Is jentry open source like GlitchTip?
No. GlitchTip is open-source software you can read, fork and self-host. jentry is a closed, fully hosted SaaS. The trade-off: with GlitchTip you control the code and the server; with jentry there's nothing to run or maintain. If self-hosting open-source software is a hard requirement, GlitchTip is the better fit.
Can I migrate from GlitchTip to jentry without changing code?
Yes. Both tools use the unmodified Sentry SDKs, so migrating is a single configuration change — point your SDK at your jentry DSN. There's no new SDK and no reinstrumentation, and rollback is the same one-line change in reverse.
Is GlitchTip a good Sentry alternative?
Yes — GlitchTip is a respected open-source, Sentry-SDK-compatible error tracker that runs in a very small footprint, which makes it a popular lightweight alternative to self-hosting full Sentry.

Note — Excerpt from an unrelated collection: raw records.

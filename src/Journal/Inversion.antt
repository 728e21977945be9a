-- ===== src/Journal/Inversion.antt =====
-- What a transaction that succeeds has passed, step by step.
use az_agent_platform_go.Prelude.{
  ◌≡◌, refl, Bool, true, false, Option, none, some, str_eq, Result, ok, err, ◌∙◌,
}
use az_agent_platform_go.Journal.{Journal, Tx, JournalError, ownership, forbidden, Owner, RunRow}
use az_agent_platform_go.Journal.Transactions.{
  ◌>>=◌, ◌>>◌, require, require_some, lock_conversation, lock_owner, find_run, holds, get,
}

-- A transaction that binds: its first part succeeded, and the rest from there.
pub record Then {A B : Type 0} (m : Tx A) (f : A → Tx B) (j : Journal) (b : B) (k : Journal)
    : Type 0 where
  pub value : A
  pub middle : Journal
  pub first : m j ≡ ok (value, middle)
  pub second : f value middle ≡ ok (b, k)

pub Then-ok :
    {A B : Type 0} (m : Tx A) (f : A → Tx B) (j : Journal) {b : B} {k : Journal}
    → (m >>= f) j ≡ ok (b, k)
    → Then m f j b k
Then-ok {A} {B} m f j {b} {k} h = split (m j) refl h
  where
    split :
        (r : Result JournalError (A × Journal))
        → m j ≡ r
        → ◌≡◌ {A = Result JournalError (B × Journal)}
            (elim r [ err e ↦ err e | ok (a, i) ↦ f a i ])
            (ok (b, k))
        → Then m f j b k
    split (ok (a, i)) e t = record { value = a; middle = i; first = e; second = t }
    split (err x) e t = cc

pub require_ok :
    (t : Bool) (e : JournalError) (j : Journal) {u : Unit {0}} {k : Journal}
    → require t e j ≡ ok (u, k)
    → (t ≡ true) × (k ≡ j)
require_ok true e j {u} {k} h = (refl, cc h)
require_ok false e j h = cc

pub require_some_ok :
    {A : Type 0} (o : Option A) (e : JournalError) (j : Journal) {a : A} {k : Journal}
    → require_some o e j ≡ ok (a, k)
    → (o ≡ some a) × (k ≡ j)
require_some_ok none e j h = cc
require_some_ok (some b) e j {a} {k} h = (cc h, cc h)

-- An owner that passes the lock holds the run, and the lock changes nothing.
pub record Locked (o : Owner) (j : Journal) : Type 0 where
  pub run : RunRow
  pub found : find_run o.command.run_id j ≡ some run
  pub held : holds o j.now run ≡ true
  pub principal : str_eq j.principal o.command.principal ≡ true

-- The same, for a step whose result is not used.
pub next_ok :
    {B : Type 0} (m : Tx (Unit {0})) (n : Tx B) (j : Journal) {b : B} {k : Journal}
    → (m >> n) j ≡ ok (b, k)
    → (i : Journal) × (m j ≡ ok (tt, i)) × (n i ≡ ok (b, k))
next_ok m n j h = let t = Then-ok m (λ _. n) j h in (t.middle, t.first, t.second)

pub lock_owner_ok :
    (o : Owner) (j : Journal) {u : Unit {0}} {k : Journal}
    → lock_owner o j ≡ ok (u, k)
    → (k ≡ j) × Locked o j
unfolding lock_owner lock_conversation
lock_owner_ok o j {u} {k} h =
    let a =
      next_ok (lock_conversation o.command.principal)
        (do
          j ← get
          r ← require_some (find_run o.command.run_id j) ownership
          require (holds o j.now r) ownership)
        j h in
    let p = require_ok (str_eq j.principal o.command.principal) forbidden j a.1 in
    let b = rw p.1 at a.2 in
    let r =
      Then-ok (require_some (find_run o.command.run_id j) ownership)
        (λ r. require (holds o j.now r) ownership) j b in
    let f = require_some_ok (find_run o.command.run_id j) ownership j r.first in
    let q = require_ok (holds o j.now r.value) ownership r.middle r.second in
    (q.1 ∙ f.1, record { run = r.value; found = f.0; held = q.0; principal = p.0 })
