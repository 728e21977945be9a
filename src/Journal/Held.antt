-- ===== src/Journal/Held.antt =====
-- internal/journal: rows of agent_interactions that are used up stay so through every transaction of
-- the store. A transaction is known here by what it makes of the table's rows.
use native.Mathlib.Omega.{arith}
use az_agent_platform_go.Prelude.{
  ◌≡◌, refl, Bool, true, false, not, ◌&&◌, ◌||◌, List, [], ◌∷◌, ◌++◌, Option, some, GoString,
  str_eq, str_eq_iff, anyb, update_rows, find_row, All, All-append_one, All-update_rows,
  find_row-All, inl, inr, Bool-cases,
}
use az_agent_platform_go.Journal.{InteractionRow, Marker}
use az_agent_platform_go.Journal.Operations.{is_consumed}

abbrev pub is_dispatched : Option Marker → Bool
is_dispatched (some Marker.dispatched) = true
is_dispatched _ = false

-- The row is consumed and, where `sent`, its approval is dispatched.
abbrev pub is_used : Bool → InteractionRow → Bool
is_used sent i = is_consumed i.state && (not sent || is_dispatched i.marker)

abbrev pub IsUsedAt : Bool → GoString → InteractionRow → Type 0
IsUsedAt sent id i = str_eq i.id id ≡ true → is_used sent i ≡ true

-- There is a row of the ID, and every one is used.
unfoldable pub Held : Bool → GoString → List InteractionRow → Type 0
Held sent id xs =
    All (IsUsedAt sent id) xs × (anyb (λ (i : InteractionRow). str_eq i.id id) xs ≡ true)

-- An update that leaves the ID of a row alone leaves a row of the ID.
pub anyb-update_rows :
    (id : GoString) (p : InteractionRow → Bool) (f : InteractionRow → InteractionRow)
    (xs : List InteractionRow)
    → ((i : InteractionRow) → (f i).id ≡ i.id)
    → anyb (λ (i : InteractionRow). str_eq i.id id) (update_rows p f xs)
      ≡ anyb (λ (i : InteractionRow). str_eq i.id id) xs
anyb-update_rows id p f [] h = refl
anyb-update_rows id p f (x ∷ xs) h = elim (Bool-cases (p x)) [
  | inl t ↦ rw (t, h x, anyb-update_rows id p f xs h) refl
  | inr t ↦ rw (t, anyb-update_rows id p f xs h) refl
]

pub Held-update_rows :
    (sent : Bool) (id : GoString) (p : InteractionRow → Bool) (f : InteractionRow → InteractionRow)
    (xs : List InteractionRow)
    → ((i : InteractionRow) → (f i).id ≡ i.id)
    → ((i : InteractionRow) → p i ≡ true → IsUsedAt sent id i → IsUsedAt sent id (f i))
    → Held sent id xs
    → Held sent id (update_rows p f xs)
unfolding Held
Held-update_rows sent id p f xs same keep h =
    (All-update_rows (IsUsedAt sent id) p f xs keep h.0, rw (anyb-update_rows id p f xs same) h.1)

anyb-append_one :
    (id : GoString) (xs : List InteractionRow) (i : InteractionRow)
    → anyb (λ (a : InteractionRow). str_eq a.id id) xs ≡ true
    → anyb (λ (a : InteractionRow). str_eq a.id id) (xs ++ i ∷ []) ≡ true
anyb-append_one id [] i h = cc
anyb-append_one id (x ∷ xs) i h = ground (arith, anyb-append_one id xs i)

-- A new row has an ID that no row has.
fresh_row :
    (id new : GoString) (xs : List InteractionRow) (q : InteractionRow → Bool)
    → anyb (λ (a : InteractionRow). str_eq a.id new || q a) xs ≡ false
    → anyb (λ (a : InteractionRow). str_eq a.id id) xs ≡ true
    → str_eq new id ≡ false
fresh_row id new [] q h g = cc
fresh_row id new (x ∷ xs) q h g =
    ground
      (arith, fresh_row id new xs q, str_eq_iff new id, str_eq_iff x.id id, str_eq_iff x.id new)

pub Held-append :
    (sent : Bool) (id : GoString) (xs : List InteractionRow) (i : InteractionRow)
    (q : InteractionRow → Bool)
    → anyb (λ (a : InteractionRow). str_eq a.id i.id || q a) xs ≡ false
    → Held sent id xs
    → Held sent id (xs ++ i ∷ [])
unfolding Held
Held-append sent id xs i q free h =
    let other = fresh_row id i.id xs q free h.1 in
    (All-append_one (IsUsedAt sent id) xs i h.0 (λ e. cc (other, e)), anyb-append_one id xs i h.1)

-- A row that is found under the ID is used.
pub Held-found :
    (sent : Bool) (id : GoString) (p : InteractionRow → Bool) (xs : List InteractionRow)
    (i : InteractionRow)
    → Held sent id xs
    → find_row p xs ≡ some i
    → IsUsedAt sent id i
unfolding Held
Held-found sent id p xs i h e = (find_row-All (IsUsedAt sent id) p xs i h.0 e).0
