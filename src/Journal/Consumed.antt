-- ===== src/Journal/Consumed.antt =====
-- internal/journal/interactions.go: what an accepted reply writes, and when a reply is refused.
use native.Mathlib.Omega.{arith}
use az_agent_platform_go.Prelude.{
  ◌∙◌, ◌⊎◌, find_row-anyb, ◌≡◌, refl, ap, sym, subst, Bool, true, false, not, ◌&&◌, List, [], ◌∷◌,
  Option, none, some, str_eq, ltb, find_row, find_row-All, update_rows, All, ok, err, ok-injective,
  Bool-cases, if◌then◌else◌, inl, inr,
}
use az_agent_platform_go.Journal.{
  Journal, Tx, JournalError, bad_state, conflict, expired, forbidden, Command, CommandRow,
  InteractionRow, InteractionState, Marker, Reply, External,
}
use az_agent_platform_go.Journal.Transactions.{
  ◌>>=◌, ◌>>◌, pure, get, require, require_some, append_event, lock_conversation,
}
use az_agent_platform_go.Journal.Waits.{is_unanswered, is_expired, expire_interactions}
use az_agent_platform_go.Journal.Interactions.{validate_reply}
use az_agent_platform_go.Journal.Owners.{command_eq}
use az_agent_platform_go.Journal.Admission.{find_accepted, insert_command, insert_run}
use az_agent_platform_go.Journal.Replies.{
  reply_body, record_reply, consume_command, consume_row, answered_marker, Replied, repeated,
  lapsed, fresh, is_misdirected,
}
use az_agent_platform_go.Journal.Inversion.{Then-ok, next_ok, require_ok, require_some_ok}
use az_agent_platform_go.Journal.Held.{Held, IsUsedAt, is_used, anyb-update_rows}

-- The two ways of a reply's transaction once its conversation is locked.
module _ (x : External) (c : Command) (answer : Reply) where
  abbrev repeat_reply : CommandRow → Tx Replied
  repeat_reply m = do require (command_eq m.payload c) conflict; pure (repeated m.execution_run_id)

  abbrev pub accept : InteractionRow → Tx Replied
  accept i = do
    require (not (is_misdirected c i)) bad_state
    require (validate_reply i.artifact answer) bad_state
    record_reply c answer i
    pure fresh

  abbrev pub answer_row : Bool → InteractionRow → Tx Replied
  answer_row valid i =
      if not valid && is_unanswered i.state then (do expire_interactions x; pure lapsed) else (do
        require (not (is_expired i.state)) expired
        require (valid && is_unanswered i.state) conflict
        accept i)

  abbrev pub wanted : InteractionRow → Bool
  wanted a = str_eq a.id c.interaction_id

  abbrev pub find_and_answer : Journal → Tx Replied
  find_and_answer j = do
    i ← require_some (find_row wanted j.interactions) bad_state
    answer_row (ltb j.now i.expires_at) i

  abbrev pub by_command : Option CommandRow → Journal → Tx Replied
  by_command o j = elim o [ some m ↦ repeat_reply m | none ↦ find_and_answer j ]

  -- The rows that an accepted reply leaves.
  record_reply_rows :
      (i : InteractionRow) (j : Journal) (u : Unit {0}) (k : Journal)
      → record_reply c answer i j ≡ ok (u, k)
      → k.interactions
        ≡ update_rows wanted (consume_row c (answered_marker i.artifact answer)) j.interactions
  unfolding record_reply insert_command insert_run append_event consume_command
  record_reply_rows i j u k h = ground (arith, h)

  -- An answer is accepted: the row was unanswered, and every row of its ID is consumed.
  pub record Accepted (i : InteractionRow) (j : Journal) (r : Replied) (k : Journal) : Type 0 where
    pub unanswered : is_unanswered i.state ≡ true
    pub written : record_reply c answer i j ≡ ok (tt, k)
    pub rows :
        k.interactions
        ≡ update_rows wanted (consume_row c (answered_marker i.artifact answer)) j.interactions

  -- A row is answered, or what is due expires instead.
  pub answer_row_ok :
      (valid : Bool) (i : InteractionRow) (j : Journal) (r : Replied) (k : Journal)
      → answer_row valid i j ≡ ok (r, k)
      → ((expire_interactions x j ≡ ok (tt, k)) × (lapsed ≡ r)) ⊎ Accepted i j r k
  answer_row_ok valid i j r k h = elim (Bool-cases (not valid && is_unanswered i.state)) [
    | inl t ↦
        let gone = rw t at h in
        let a = next_ok (expire_interactions x) (pure lapsed) j gone in
        let last : ok (lapsed, a.0) ≡ ok (r, k) = a.2 in
        let same = ok-injective last in
        inl (
          subst (λ (z : Journal). expire_interactions x j ≡ ok (tt, z)) (ap (λ q. q.1) same) a.1,
          ap (λ q. q.0) same,
        )
    | inr t ↦
        let kept = rw t at h in
        let a =
          next_ok (require (not (is_expired i.state)) expired)
            (do require (valid && is_unanswered i.state) conflict; accept i) j kept in
        let b = next_ok (require (valid && is_unanswered i.state) conflict) (accept i) a.0 a.2 in
        let d =
          next_ok (require (not (is_misdirected c i)) bad_state)
            (do
              require (validate_reply i.artifact answer) bad_state
              record_reply c answer i
              pure fresh)
            b.0 b.2 in
        let e =
          next_ok (require (validate_reply i.artifact answer) bad_state)
            (do record_reply c answer i; pure fresh) d.0 d.2 in
        let w = next_ok (record_reply c answer i) (pure fresh) e.0 e.2 in
        let last : ok (fresh, w.0) ≡ ok (r, k) = w.2 in
        let pending = (require_ok (valid && is_unanswered i.state) conflict a.0 b.1).0 in
        let back : e.0 ≡ j =
          (require_ok _ bad_state d.0 e.1).1
          ∙ (require_ok _ bad_state b.0 d.1).1
          ∙ (require_ok _ conflict a.0 b.1).1
          ∙ (require_ok _ expired j a.1).1 in
        let ends : w.0 ≡ k = ap (λ q. q.1) (ok-injective last) in
        inr (record {
          unanswered = ground (arith, pending);
          written =
              subst (λ (z : Journal). record_reply c answer i j ≡ ok (tt, z)) ends
                (subst (λ (z : Journal). record_reply c answer i z ≡ ok (tt, w.0)) back w.1);
          rows =
              ap (λ (z : Journal). z.interactions) (sym ends)
              ∙ record_reply_rows i e.0 tt w.0 w.1
              ∙ ap
                  (λ (z : Journal).
                    update_rows wanted (consume_row c (answered_marker i.artifact answer))
                      z.interactions)
                  back;
        })
  ]

  all_consumed :
      (m : Option Marker) (xs : List InteractionRow)
      → All (IsUsedAt false c.interaction_id) (update_rows wanted (consume_row c m) xs)
  all_consumed m [] = tt
  all_consumed m (y ∷ ys) = (one (str_eq y.id c.interaction_id) refl, all_consumed m ys)
    where
      one :
          (b : Bool)
          → str_eq y.id c.interaction_id ≡ b
          → IsUsedAt false c.interaction_id (if b then consume_row c m y else y)
      one true e h = refl
      one false e h = cc

  -- The rows that are left are held, where the ID is there.
  Accepted-Held :
      (i : InteractionRow) (j : Journal) (r : Replied) (k : Journal)
      → find_row wanted j.interactions ≡ some i
      → Accepted i j r k
      → Held false c.interaction_id k.interactions
  unfolding Held
  Accepted-Held i j r k found a =
      let m = answered_marker i.artifact answer in
      subst (Held false c.interaction_id) (sym a.rows) (
        all_consumed m j.interactions,
        anyb-update_rows c.interaction_id wanted (consume_row c m) j.interactions (λ y. refl)
            ∙ find_row-anyb wanted j.interactions i found,
      )

  pub reply_body-Held :
      (j k : Journal)
      → reply_body x c answer j ≡ ok (fresh, k)
      → Held false c.interaction_id k.interactions
  unfolding reply_body lock_conversation
  reply_body-Held j k h =
      let tail : Tx Replied = (do l ← get; by_command (find_accepted c.communication_id l) l) in
      let a = next_ok (require (str_eq j.principal c.principal) forbidden) tail j h in
      by_accepted a.0 (find_accepted c.communication_id a.0) a.2
    where
      by_accepted :
          (i : Journal) (o : Option CommandRow)
          → by_command o i i ≡ ok (fresh, k)
          → Held false c.interaction_id k.interactions
      by_accepted i (some m) q =
          let a =
            next_ok (require (command_eq m.payload c) conflict) (pure (repeated m.execution_run_id))
              i q in
          let never : ok (repeated m.execution_run_id, a.0) ≡ ok (fresh, k) = a.2 in
          cc (ap (λ z. z.0) (ok-injective never))
      by_accepted i none q =
          let f =
            Then-ok (require_some (find_row wanted i.interactions) bad_state)
              (λ row. answer_row (ltb i.now row.expires_at) row) i q in
          let at = require_some_ok (find_row wanted i.interactions) bad_state i f.first in
          elim (answer_row_ok (ltb i.now f.value.expires_at) f.value f.middle fresh k f.second) [
            | inl z ↦ cc z.1
            | inr z ↦
                Accepted-Held f.value f.middle fresh k
                  (ap (λ (l : Journal). find_row wanted l.interactions) at.1 ∙ at.0) z
          ]

  -- Where every row is consumed, no row can be answered.
  pub reply_body-err :
      (j : Journal)
      → Held false c.interaction_id j.interactions
      → find_accepted c.communication_id j ≡ none
      → (e : JournalError) × (reply_body x c answer j ≡ err e)
  unfolding reply_body lock_conversation Held
  reply_body-err j p new = locked (str_eq j.principal c.principal)
    where
      refused :
          (row : InteractionRow)
          → is_used false row ≡ true
          → (e : JournalError) × (answer_row (ltb j.now row.expires_at) row j ≡ err e)
      refused row s = choose (ltb j.now row.expires_at)
        where
          used : row.state ≡ InteractionState.consumed
          used = ground (arith, s)

          choose : (b : Bool) → (e : JournalError) × (answer_row b row j ≡ err e)
          choose true = (conflict, rw used refl)
          choose false = (conflict, rw used refl)

      by_row :
          (o : Option InteractionRow)
          → find_row wanted j.interactions ≡ o
          → (e : JournalError) × ((require_some o bad_state >>= λ i.
                  answer_row (ltb j.now i.expires_at) i)
                j
              ≡ err e)
      by_row none h = (bad_state, refl)
      by_row (some row) h =
          let at = find_row-All (IsUsedAt false c.interaction_id) wanted j.interactions row p.0 h in
          refused row (at.0 at.1)

      by_accepted :
          (o : Option CommandRow) → o ≡ none → (e : JournalError) × (by_command o j j ≡ err e)
      by_accepted none h = by_row (find_row wanted j.interactions) refl
      by_accepted (some m) h = cc

      tail : Tx Replied
      tail = do l ← get; by_command (find_accepted c.communication_id l) l

      locked : (b : Bool) → (e : JournalError) × ((require b forbidden >> tail) j ≡ err e)
      locked true = by_accepted (find_accepted c.communication_id j) new
      locked false = (forbidden, refl)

Whether it or jentry is the better fit depends on whether you want to run the server yourself (GlitchTip) or have it hosted for you with a wider feature set (jentry).
How does jentry pricing compare to GlitchTip?
jentry has flat plans: Free (5,000 events/month, no card), Team ($29/month, 100,000 events) and Business ($99/month, 1,000,000 events), with the full feature set on every tier. Self-hosting GlitchTip mainly costs the server it runs on plus your maintenance time; its hosted option is priced separately and changes over time, so check GlitchTip's current pricing for an up-to-date number.
When should I choose GlitchTip over jentry?
Choose GlitchTip if you specifically want open-source software you can self-host, if data must stay on infrastructure you control, or if your needs are squarely crash reports, releases and basic alerts with the smallest possible footprint — and you're happy to run a small server. Choose jentry if you want zero ops, predictable pricing and a broader hosted feature set.
Does jentry support the same SDKs as GlitchTip?
Yes. Like GlitchTip, jentry speaks the Sentry envelope protocol, so any official Sentry SDK works out of the box across languages and frameworks. You keep your existing instrumentation either way — only the DSN host changes.